YOUR ASSIGNMENT: Reproduce, from the lines below, exactly the stretch that begins at the line containing "open_chargeback = record" and ends at the line containing "lock_fate = works;", both included.

EXCERPTED DATA:
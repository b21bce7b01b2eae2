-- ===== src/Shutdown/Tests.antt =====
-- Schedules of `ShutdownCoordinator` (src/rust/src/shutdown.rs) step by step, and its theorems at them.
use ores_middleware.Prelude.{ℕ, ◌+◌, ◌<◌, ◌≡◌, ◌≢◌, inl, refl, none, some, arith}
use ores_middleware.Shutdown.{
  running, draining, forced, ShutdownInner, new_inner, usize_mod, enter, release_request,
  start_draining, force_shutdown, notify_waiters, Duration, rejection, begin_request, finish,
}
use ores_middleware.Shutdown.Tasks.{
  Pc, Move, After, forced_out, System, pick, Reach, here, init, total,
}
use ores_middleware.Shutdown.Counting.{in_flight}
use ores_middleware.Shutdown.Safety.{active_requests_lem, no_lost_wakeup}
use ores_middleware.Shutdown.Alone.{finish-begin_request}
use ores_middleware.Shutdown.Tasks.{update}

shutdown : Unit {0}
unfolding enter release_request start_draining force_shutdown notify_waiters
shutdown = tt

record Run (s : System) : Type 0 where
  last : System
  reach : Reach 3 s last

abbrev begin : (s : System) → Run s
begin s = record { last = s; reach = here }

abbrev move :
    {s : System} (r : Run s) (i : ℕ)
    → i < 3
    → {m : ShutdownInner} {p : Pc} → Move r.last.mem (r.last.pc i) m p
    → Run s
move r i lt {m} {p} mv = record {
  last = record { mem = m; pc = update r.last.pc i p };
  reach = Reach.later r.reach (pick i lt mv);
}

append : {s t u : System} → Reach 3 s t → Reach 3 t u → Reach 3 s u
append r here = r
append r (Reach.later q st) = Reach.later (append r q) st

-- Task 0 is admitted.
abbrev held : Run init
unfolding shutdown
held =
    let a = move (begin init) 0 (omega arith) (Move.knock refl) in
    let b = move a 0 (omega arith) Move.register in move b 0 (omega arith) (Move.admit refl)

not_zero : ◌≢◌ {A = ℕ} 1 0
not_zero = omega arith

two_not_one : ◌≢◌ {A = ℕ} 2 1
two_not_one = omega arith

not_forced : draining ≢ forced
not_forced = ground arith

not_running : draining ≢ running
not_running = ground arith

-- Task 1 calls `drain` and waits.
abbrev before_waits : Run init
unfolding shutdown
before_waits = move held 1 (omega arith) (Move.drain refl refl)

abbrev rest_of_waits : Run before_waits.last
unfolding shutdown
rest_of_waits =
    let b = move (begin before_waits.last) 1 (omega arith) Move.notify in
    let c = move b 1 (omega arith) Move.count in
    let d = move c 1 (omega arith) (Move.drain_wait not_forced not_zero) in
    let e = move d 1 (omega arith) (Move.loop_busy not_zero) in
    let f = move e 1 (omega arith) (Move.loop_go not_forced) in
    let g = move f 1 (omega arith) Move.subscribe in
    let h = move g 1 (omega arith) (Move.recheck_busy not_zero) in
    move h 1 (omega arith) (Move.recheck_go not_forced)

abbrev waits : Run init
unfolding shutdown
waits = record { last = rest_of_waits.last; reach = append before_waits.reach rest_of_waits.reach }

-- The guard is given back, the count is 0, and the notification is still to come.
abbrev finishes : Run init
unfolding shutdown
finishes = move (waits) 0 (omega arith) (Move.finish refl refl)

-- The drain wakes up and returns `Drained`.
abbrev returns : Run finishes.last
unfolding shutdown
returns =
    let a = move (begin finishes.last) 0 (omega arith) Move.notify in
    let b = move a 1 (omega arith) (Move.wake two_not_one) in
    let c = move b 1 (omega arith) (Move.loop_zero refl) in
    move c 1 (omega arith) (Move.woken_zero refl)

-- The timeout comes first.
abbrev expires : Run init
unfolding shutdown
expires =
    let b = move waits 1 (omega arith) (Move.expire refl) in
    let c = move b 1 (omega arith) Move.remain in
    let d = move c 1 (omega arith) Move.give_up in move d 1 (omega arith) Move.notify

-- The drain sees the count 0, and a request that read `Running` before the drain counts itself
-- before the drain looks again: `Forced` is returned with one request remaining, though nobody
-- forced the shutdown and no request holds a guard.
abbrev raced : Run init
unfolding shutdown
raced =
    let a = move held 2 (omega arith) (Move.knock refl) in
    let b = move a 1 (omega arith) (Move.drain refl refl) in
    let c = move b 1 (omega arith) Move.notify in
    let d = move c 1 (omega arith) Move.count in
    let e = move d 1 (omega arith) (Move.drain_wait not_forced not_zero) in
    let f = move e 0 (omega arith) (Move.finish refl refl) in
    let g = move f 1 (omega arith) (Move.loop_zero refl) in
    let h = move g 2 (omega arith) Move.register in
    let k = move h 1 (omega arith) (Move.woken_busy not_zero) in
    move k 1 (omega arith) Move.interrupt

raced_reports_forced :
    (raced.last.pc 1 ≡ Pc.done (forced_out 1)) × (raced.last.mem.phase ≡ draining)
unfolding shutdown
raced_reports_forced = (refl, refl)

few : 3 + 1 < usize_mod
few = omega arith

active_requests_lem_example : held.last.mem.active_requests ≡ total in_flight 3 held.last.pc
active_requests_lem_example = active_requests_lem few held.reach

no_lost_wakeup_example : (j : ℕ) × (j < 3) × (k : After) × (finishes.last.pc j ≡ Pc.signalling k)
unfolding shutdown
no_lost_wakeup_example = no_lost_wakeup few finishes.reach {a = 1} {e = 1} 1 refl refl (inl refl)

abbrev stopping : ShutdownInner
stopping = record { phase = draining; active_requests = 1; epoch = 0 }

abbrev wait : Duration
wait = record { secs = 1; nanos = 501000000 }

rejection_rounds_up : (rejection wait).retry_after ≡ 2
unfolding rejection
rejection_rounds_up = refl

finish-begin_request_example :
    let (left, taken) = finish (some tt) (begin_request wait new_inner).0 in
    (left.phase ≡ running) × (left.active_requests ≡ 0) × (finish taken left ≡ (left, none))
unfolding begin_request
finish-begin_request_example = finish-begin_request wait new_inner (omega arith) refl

* * *

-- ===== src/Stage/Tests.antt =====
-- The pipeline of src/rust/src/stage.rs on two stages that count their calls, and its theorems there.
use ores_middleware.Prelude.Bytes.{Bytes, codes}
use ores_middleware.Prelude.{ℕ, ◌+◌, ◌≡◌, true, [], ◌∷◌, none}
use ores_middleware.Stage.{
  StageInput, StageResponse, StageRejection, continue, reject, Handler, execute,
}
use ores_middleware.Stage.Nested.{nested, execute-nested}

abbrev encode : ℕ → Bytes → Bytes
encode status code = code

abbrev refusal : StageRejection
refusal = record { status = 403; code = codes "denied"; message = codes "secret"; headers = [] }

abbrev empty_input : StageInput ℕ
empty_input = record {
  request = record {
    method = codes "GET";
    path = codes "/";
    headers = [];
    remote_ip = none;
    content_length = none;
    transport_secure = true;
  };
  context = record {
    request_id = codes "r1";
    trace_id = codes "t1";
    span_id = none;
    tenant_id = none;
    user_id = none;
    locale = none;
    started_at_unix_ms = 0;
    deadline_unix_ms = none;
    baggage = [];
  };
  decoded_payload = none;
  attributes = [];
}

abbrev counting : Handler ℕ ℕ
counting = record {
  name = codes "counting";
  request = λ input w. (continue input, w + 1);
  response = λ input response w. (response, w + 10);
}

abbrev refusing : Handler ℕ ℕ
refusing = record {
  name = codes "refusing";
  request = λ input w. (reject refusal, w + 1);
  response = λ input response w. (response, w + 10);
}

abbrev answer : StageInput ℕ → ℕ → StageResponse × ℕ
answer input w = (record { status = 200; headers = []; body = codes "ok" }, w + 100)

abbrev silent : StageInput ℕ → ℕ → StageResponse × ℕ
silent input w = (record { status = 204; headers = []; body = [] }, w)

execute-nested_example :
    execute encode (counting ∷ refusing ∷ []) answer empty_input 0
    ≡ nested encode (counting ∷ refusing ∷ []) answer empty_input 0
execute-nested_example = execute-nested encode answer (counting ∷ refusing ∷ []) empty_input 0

* * *

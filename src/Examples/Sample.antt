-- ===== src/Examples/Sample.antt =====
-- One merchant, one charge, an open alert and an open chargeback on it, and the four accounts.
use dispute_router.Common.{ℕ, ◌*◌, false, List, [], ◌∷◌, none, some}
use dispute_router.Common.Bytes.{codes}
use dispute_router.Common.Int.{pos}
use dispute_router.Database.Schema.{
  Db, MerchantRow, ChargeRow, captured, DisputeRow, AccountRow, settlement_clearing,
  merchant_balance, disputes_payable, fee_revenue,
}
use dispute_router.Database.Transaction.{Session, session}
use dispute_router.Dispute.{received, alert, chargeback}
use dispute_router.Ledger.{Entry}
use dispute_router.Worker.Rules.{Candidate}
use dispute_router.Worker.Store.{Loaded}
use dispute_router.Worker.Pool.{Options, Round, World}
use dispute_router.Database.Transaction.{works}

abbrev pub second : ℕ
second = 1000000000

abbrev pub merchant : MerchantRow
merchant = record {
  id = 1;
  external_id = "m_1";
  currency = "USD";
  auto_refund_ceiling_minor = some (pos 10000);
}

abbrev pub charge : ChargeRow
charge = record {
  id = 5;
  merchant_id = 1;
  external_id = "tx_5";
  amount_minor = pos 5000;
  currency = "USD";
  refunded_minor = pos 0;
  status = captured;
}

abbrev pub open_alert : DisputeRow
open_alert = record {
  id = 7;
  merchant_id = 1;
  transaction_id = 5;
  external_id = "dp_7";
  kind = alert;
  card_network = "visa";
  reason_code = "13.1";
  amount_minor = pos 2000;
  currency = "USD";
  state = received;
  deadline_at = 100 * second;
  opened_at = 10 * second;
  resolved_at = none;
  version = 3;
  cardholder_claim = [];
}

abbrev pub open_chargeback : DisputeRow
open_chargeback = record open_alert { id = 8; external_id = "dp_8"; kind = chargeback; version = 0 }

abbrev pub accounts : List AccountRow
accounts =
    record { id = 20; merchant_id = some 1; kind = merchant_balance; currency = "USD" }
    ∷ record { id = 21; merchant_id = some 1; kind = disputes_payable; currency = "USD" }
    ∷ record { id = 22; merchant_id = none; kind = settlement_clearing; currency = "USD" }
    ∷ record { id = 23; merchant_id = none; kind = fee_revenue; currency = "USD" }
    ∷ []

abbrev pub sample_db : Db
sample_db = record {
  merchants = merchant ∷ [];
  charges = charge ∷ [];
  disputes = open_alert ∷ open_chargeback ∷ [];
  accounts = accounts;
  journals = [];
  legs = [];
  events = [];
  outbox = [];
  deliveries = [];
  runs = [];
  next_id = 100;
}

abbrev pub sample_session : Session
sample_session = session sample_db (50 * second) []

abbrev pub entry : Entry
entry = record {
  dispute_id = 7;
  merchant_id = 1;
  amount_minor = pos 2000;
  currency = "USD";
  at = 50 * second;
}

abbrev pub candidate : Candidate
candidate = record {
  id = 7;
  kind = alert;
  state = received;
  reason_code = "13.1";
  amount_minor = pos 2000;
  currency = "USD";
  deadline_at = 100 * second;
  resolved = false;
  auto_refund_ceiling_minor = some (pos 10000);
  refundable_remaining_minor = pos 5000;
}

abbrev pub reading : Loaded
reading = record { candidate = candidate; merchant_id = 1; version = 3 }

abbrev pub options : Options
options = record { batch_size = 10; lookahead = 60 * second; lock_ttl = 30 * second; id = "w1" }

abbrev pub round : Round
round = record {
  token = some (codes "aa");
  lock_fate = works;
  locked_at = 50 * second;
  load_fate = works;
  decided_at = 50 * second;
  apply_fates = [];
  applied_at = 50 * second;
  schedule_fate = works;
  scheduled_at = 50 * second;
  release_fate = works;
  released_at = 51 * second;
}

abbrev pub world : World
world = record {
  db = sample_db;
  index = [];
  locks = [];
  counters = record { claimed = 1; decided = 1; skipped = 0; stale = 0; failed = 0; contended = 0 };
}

RESPONSE TO THE TASK:
open_chargeback = record open_alert { id = 8; external_id = "dp_8"; kind = chargeback; version = 0 }

abbrev pub accounts : List AccountRow
accounts =
    record { id = 20; merchant_id = some 1; kind = merchant_balance; currency = "USD" }
    ∷ record { id = 21; merchant_id = some 1; kind = disputes_payable; currency = "USD" }
    ∷ record { id = 22; merchant_id = none; kind = settlement_clearing; currency = "USD" }
    ∷ record { id = 23; merchant_id = none; kind = fee_revenue; currency = "USD" }
    ∷ []

abbrev pub sample_db : Db
sample_db = record {
  merchants = merchant ∷ [];
  charges = charge ∷ [];
  disputes = open_alert ∷ open_chargeback ∷ [];
  accounts = accounts;
  journals = [];
  legs = [];
  events = [];
  outbox = [];
  deliveries = [];
  runs = [];
  next_id = 100;
}

abbrev pub sample_session : Session
sample_session = session sample_db (50 * second) []

abbrev pub entry : Entry
entry = record {
  dispute_id = 7;
  merchant_id = 1;
  amount_minor = pos 2000;
  currency = "USD";
  at = 50 * second;
}

abbrev pub candidate : Candidate
candidate = record {
  id = 7;
  kind = alert;
  state = received;
  reason_code = "13.1";
  amount_minor = pos 2000;
  currency = "USD";
  deadline_at = 100 * second;
  resolved = false;
  auto_refund_ceiling_minor = some (pos 10000);
  refundable_remaining_minor = pos 5000;
}

abbrev pub reading : Loaded
reading = record { candidate = candidate; merchant_id = 1; version = 3 }

abbrev pub options : Options
options = record { batch_size = 10; lookahead = 60 * second; lock_ttl = 30 * second; id = "w1" }

abbrev pub round : Round
round = record {
  token = some (codes "aa");
  lock_fate = works;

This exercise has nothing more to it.